Trolling motor is probably fine in deeper water. Once you get into skinny water, you're better off staking out and waiting quietly until you see fish or are ready to move to another stake out location.


----------



## Zaraspook (Aug 3, 2017)

If you need someone to pole while you fish I might be available. I just moved to St Augustine and am a fly fisherman. I also use spinning gear but only with artificial baits. PM me if you are interested.


----------



## Sethsawyer (Apr 5, 2019)

I fly fish small creeks with a trolling motor anytime I am by myself and it is deep enough to run it, but as you know tide, wind, and a running trolling motor make it tough to cast. I use a powerpole micro in the back of the boat, and a stake out pole in the front of the boat. Sneak up to where I want/ in range of the fish, quietly stake out and make the cast. With both poles down boat wont spin or anything. I have been contemplating double micro's so I don't have to deal with the stake out pole in the front, but if its really calm the stake out pole is quieter than the powerpole micro.


----------



## permitchaser (Aug 26, 2013)

I have a 24v tiller. Yes if the wind,tide and all are against you maybe poll and stake out when you see something. Or do as other are saying


----------



## GullsGoneWild (Dec 16, 2014)

Go low and slow. I routinely fish a channel that isn't wide enough to spin the skiff. Bump yourself along 30 ft at a time or get out and walk.


----------



## jay.bush1434 (Dec 27, 2014)

I've done it a few times with my Ulterra. I'll slowly cruise along, pause the motor, make a few casts, restart motor and make any steering adjustments and then repeat. The real issue I have is that even though I know my remote buttons by feel, I still have to concentrate a little on the boat heading and TM settings instead of scanning for fish. Mind you I am fly fishing only so it requires more effort to look for fish, manage my fly line and tend to the TM. I tend to only use my TM when it is windy or I am fishing off the flats in open water where the TM noise doesn't seem to affect the fish as much. Even though I don't have it on my boat very often, I wouldn't be without the ability to put it on the boat when I want to.


----------



## OakHill63 (Mar 28, 2013)

All great ideas! Thanks for advice. I think the stake and cast method is probably the best solution. The creeks I’m fishing are small and filled with clumps of oysters, so using any type of remote control trolling motor is almost impossible. Sometimes i have to lift the TM up with only half the prop in the water to make it past some choke points. Depending on the tide (St Aug has 4 to 5 ft tide), you can get around fairly well, but it requires some hands on make it thru most places. The mud is so deep, poling is all but impossible. 
I guess I’ll start staking out and casting in high percentage spots.


----------



## RunningOnEmpty (Jun 20, 2015)

I use my spot lock while casting or heading lock while pounding shorelines. There's no way in hell my wife's gonna push pole while I fish.


----------



## Jason M (Aug 13, 2017)

RunningOnEmpty said:


> I use my spot lock while casting or heading lock while pounding shorelines. There's no way in hell my wife's gonna push pole while I fish.

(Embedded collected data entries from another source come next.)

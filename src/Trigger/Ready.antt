-- ===== src/Trigger/Ready.antt =====
-- The invariant of a chain that is initialised, and that the output of statistics keeps it.
use microblx.Base.{
  ℕ, ◌+◌, ◌%◌, ◌^◌, ◌≤◌, ◌≡◌, refl, ap, get_elem?, ◌∙◌, true, false, Option, some, List, arith, inl,
  inr, ◌⊎◌, length, All, get_elem?-found, Bool-cases, Option-cases, ◌==◌, ltb, leb,
}
use microblx.Base.Int.{ℤ, pos, ltb_ℤ, eqb_ℤ}
use microblx.Time.{Timespec, ts_to_ns}
use microblx.Store.{World}
use microblx.Lifecycle.{Hooks}
use microblx.Trigger.{Tstat, tstat_update, Triggee, stats, Chain}
use microblx.Store.Hash.{Uthash}
use microblx.Trigger.Chains.{
  Run, PortIo, after_write, write_tstat, stats_of, put_stats, tstats_output_throttled, finalize,
}

abbrev pub Divides : List Triggee → Type 0
Divides ts = All (λ (t : Triggee). (t.every == 0) ≡ false) ts

-- No `every` is 0, the array of statistics fits if there is to be one, and the output index is in
-- its range.
pub record Ready (chain : Chain) : Type 0 where
  pub divides : Divides chain.triggees
  pub fits :
      ltb_ℤ chain.tstats_mode (pos 2) ≡ false
      → (sts : List Tstat) × (chain.blk_tstats ≡ stats sts) × (length sts ≡ length chain.triggees)
  pub index : chain.tstats_output_idx ≤ length chain.triggees

-- What stays the same while a chain is triggered.
pub record Keeps (chain chain' : Chain) : Type 0 where
  pub same_triggees : chain'.triggees ≡ chain.triggees
  pub same_count : chain'.every_cnt ≡ chain.every_cnt
  pub same_mode : chain'.tstats_mode ≡ chain.tstats_mode
  pub same_port : chain'.p_tstats ≡ chain.p_tstats
  pub ready : Ready chain'

-- Only the time and the index change.
output_later :
    (chain : Chain) (idx now : ℕ)
    → Ready chain
    → idx ≤ length chain.triggees
    → Keeps chain (record chain { tstats_output_idx = idx; tstats_output_last_msg = now })
output_later chain idx now r le = record {
  same_triggees = refl;
  same_count = refl;
  same_mode = refl;
  same_port = refl;
  ready = record { divides = r.divides; fits = r.fits; index = le };
}

-- The two modes in which statistics are written.
abbrev pub Measures : ℤ → Type 0
Measures mode = (eqb_ℤ mode (pos 1) ≡ true) ⊎ (ltb_ℤ mode (pos 2) ≡ false)

next_index : (len idx : ℕ) → (idx + 1) % (len + 1) ≤ len
next_index len idx = omega arith

pub stats_of_ready :
    (chain : Chain) (sts : List Tstat)
    → chain.blk_tstats ≡ stats sts
    → stats_of chain.blk_tstats ≡ sts
stats_of_ready chain sts e = ground arith

pub put_stats_ready :
    (chain : Chain) (sts new : List Tstat)
    → chain.blk_tstats ≡ stats sts
    → put_stats chain.blk_tstats new ≡ stats new
put_stats_ready chain sts new e = ground arith

-- One of the statistics that a chain has.
abbrev pub IsOwn : Chain → Tstat → Type 0
IsOwn chain s =
    (s ≡ chain.global_tstats) ⊎ ((i : ℕ) × (get_elem? (stats_of chain.blk_tstats) i ≡ some s))

module _ {T : Type 0} ⦃u : Uthash T⦄ (hooks : Hooks T) (io : PortIo T) (P : World T → Type 0) where
  -- In the worlds of a kind, statistics can be written to the chain's port, if it has one, which
  -- leaves such a world.
  abbrev pub Sendable : Chain → Type 0
  Sendable chain =
      (p : ℕ)
      → chain.p_tstats ≡ some p
      → (s : Tstat) (w : World T) → P w
      → (w' : World T) × (write_tstat hooks io p s w ≡ some w') × P w'

  -- Nothing was written, or one of the chain's statistics was, to its port.
  abbrev pub Sent : Chain → World T → World T → Type 0
  Sent chain w w' =
      (w' ≡ w)
      ⊎ ((p : ℕ) × (s : Tstat) × (chain.p_tstats ≡ some p)
          × IsOwn chain s
          × (write_tstat hooks io p s w ≡ some w'))

  abbrev Output : Chain → World T → Option (Chain × World T) → Type 0
  Output chain w out =
      (chain' : Chain) × (w' : World T) × (out ≡ some (chain', w'))
      × Keeps chain chain'
      × Sent chain' w w'
      × P w'

  wrote_lem :
      (chain chain' : Chain) (p : ℕ) (s : Tstat) (w : World T) (out : Option (Chain × World T))
      → chain.p_tstats ≡ some p
      → Sendable chain
      → Keeps chain chain'
      → IsOwn chain' s
      → P w
      → out ≡ after_write hooks io chain' (write_tstat hooks io p s w)
      → Output chain w out
  wrote_lem chain chain' p s w out e sends kept own kind same =
      let (w', wrote, kind') = sends p e s w kind in
      (chain', w', same ∙ rw wrote refl, kept, inr (p, s, kept.same_port ∙ e, own, wrote), kind')

  -- The output goes through, and keeps the invariant.
  pub throttled-Keeps :
      (chain : Chain) (now : ℕ) (w : World T)
      → Ready chain
      → Measures chain.tstats_mode
      → Sendable chain
      → P w
      → Output chain w (tstats_output_throttled hooks io chain now w)
  unfolding tstats_output_throttled
  throttled-Keeps chain now w r mode sends kind =
      let len = length chain.triggees in
      let idx = chain.tstats_output_idx in
      let next = (idx + 1) % (len + 1) in
      let early = leb now ((chain.tstats_output_last_msg + chain.tstats_output_rate) % 2 ^ 64) in
      let same : Keeps chain chain = record {
        same_triggees = refl;
        same_count = refl;
        same_mode = refl;
        same_port = refl;
        ready = r;
      } in
      let later = output_later chain next now r (next_index len idx) in
      elim (Option-cases chain.p_tstats) [
        | inl e ↦ (chain, w, ground arith, same, inl refl, kind)
        | inr (p, e) ↦ elim (Bool-cases early) [
          | inl wait ↦ (chain, w, ground arith, same, inl refl, kind)
          | inr due ↦ elim (Bool-cases (eqb_ℤ chain.tstats_mode (pos 1))) [
            | inl one ↦
                wrote_lem chain (record chain { tstats_output_last_msg = now }) p
                  chain.global_tstats w (tstats_output_throttled hooks io chain now w) e sends
                  (output_later chain idx now r r.index) (inl refl) kind (ground arith)
            | inr many ↦ elim (Bool-cases (ltb idx len)) [
              | inr last ↦
                  wrote_lem chain
                    (record chain { tstats_output_idx = next; tstats_output_last_msg = now }) p
                    chain.global_tstats w (tstats_output_throttled hooks io chain now w) e sends
                    later (inl refl) kind (ground arith)
              | inl block ↦
                  let (sts, at, fit) = r.fits (ground (arith, mode)) in
                  let (s, found) = get_elem?-found sts idx (ground (arith, fit)) in
                  let there : get_elem? (stats_of chain.blk_tstats) idx ≡ some s =
                    ap (λ l. get_elem? l idx) (stats_of_ready chain sts at) ∙ found in
                  wrote_lem chain
                    (record chain { tstats_output_idx = next; tstats_output_last_msg = now }) p s w
                    (tstats_output_throttled hooks io chain now w) e sends later (inr (idx, there))
                    kind (ground (arith, there))
            ]
          ]
        ]
      ]

-- A chain is ready after new statistics are put into it.
pub with_stats :
    (chain : Chain) (global : Tstat)
    → Ready chain
    → Keeps chain (record chain { global_tstats = global })
with_stats chain global r = record {
  same_triggees = refl;
  same_count = refl;
  same_mode = refl;
  same_port = refl;
  ready = record { divides = r.divides; fits = r.fits; index = r.index };
}

-- Chains with the same lists, sizes and counts.
pub Keeps-trans : (a b c : Chain) → Keeps a b → Keeps b c → Keeps a c
Keeps-trans a b c h k = record {
  same_triggees = k.same_triggees ∙ h.same_triggees;
  same_count = k.same_count ∙ h.same_count;
  same_mode = k.same_mode ∙ h.same_mode;
  same_port = k.same_port ∙ h.same_port;
  ready = k.ready;
}

module _ {T : Type 0} ⦃u : Uthash T⦄ (hooks : Hooks T) (io : PortIo T) (clock : ℕ → Timespec)
    (P : World T → Type 0) where
  -- A trigger that leaves the world `w` or, after a write of statistics, what that write makes of
  -- it.
  abbrev pub Goes : Chain → World T → ℤ → Option (ℤ × Chain × Run T) → Type 0
  Goes chain w ret out =
      (chain' : Chain) × (run' : Run T) × (out ≡ some (ret, chain', run'))
      × Sent hooks io P chain' w run'.world
      × P run'.world
      × Keeps chain chain'

  pub finalize-Goes :
      (ret : ℤ) (start : Timespec) (chain : Chain) (run : Run T)
      → Ready chain
      → Measures chain.tstats_mode
      → Sendable hooks io P chain
      → P run.world
      → Goes chain run.world ret (finalize hooks io clock ret start chain run)
  unfolding finalize
  finalize-Goes ret start chain run r mode sends kind =
      let end = clock run.readings in
      let chain1 = record chain { global_tstats = tstat_update chain.global_tstats start end } in
      let kept = with_stats chain (tstat_update chain.global_tstats start end) r in
      let (chain2, w, out, kept2, sent, kind2) =
        throttled-Keeps hooks io P chain1 (ts_to_ns end) run.world kept.ready mode sends kind in
      elim (Bool-cases (chain.tstats_output_rate == 0)) [
        | inl silent ↦
            (chain1, record run { readings = run.readings + 1 }, ground arith, inl refl, kind, kept)
        | inr rated ↦ (
          chain2,
          record run { readings = run.readings + 1; world = w },
          rw (finalize, rated, out) refl,
          sent,
          kind2,
          Keeps-trans chain chain1 chain2 kept kept2,
        )
      ]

If you can figure out how to make that happen please lets us all know!


----------



## Str8-Six (Jul 6, 2015)

OakHill63 said:


> All great ideas! Thanks for advice. I think the stake and cast method is probably the best solution. The creeks I’m fishing are small and filled with clumps of oysters, so using any type of remote control trolling motor is almost impossible. Sometimes i have to lift the TM up with only half the prop in the water to make it past some choke points. Depending on the tide (St Aug has 4 to 5 ft tide), you can get around fairly well, but it requires some hands on make it thru most places. The mud is so deep, poling is all but impossible.
> I guess I’ll start staking out and casting in high percentage spots.


Check out this thread. https://www.microskiff.com/threads/fishing-solo-on-a-flats-skiff.57086/page-2
I used to live in Jax and I used the stake out pole on the bow method when I was in skinny creeks like you are fishing. It’s easier the lighter the boat you have of course. Takes a little time to get used to but it’s a must in those very skinny creeks. Using trolling motor until it’s to shallow is fine but I’m not a fan of any of the prop out of the water as that makes too much noise. From what I hear those fish are getting a lot more pressure recently.


----------



## MRichardson (May 27, 2010)

When I fished the goon, if was running the TM at all it didn't matter how stealthy I was, as the fish were put off for distance of at least 75-100 yds. I'd imagine a narrow creek would be the same. In which case I'd stake it and wait for them to calm down/return.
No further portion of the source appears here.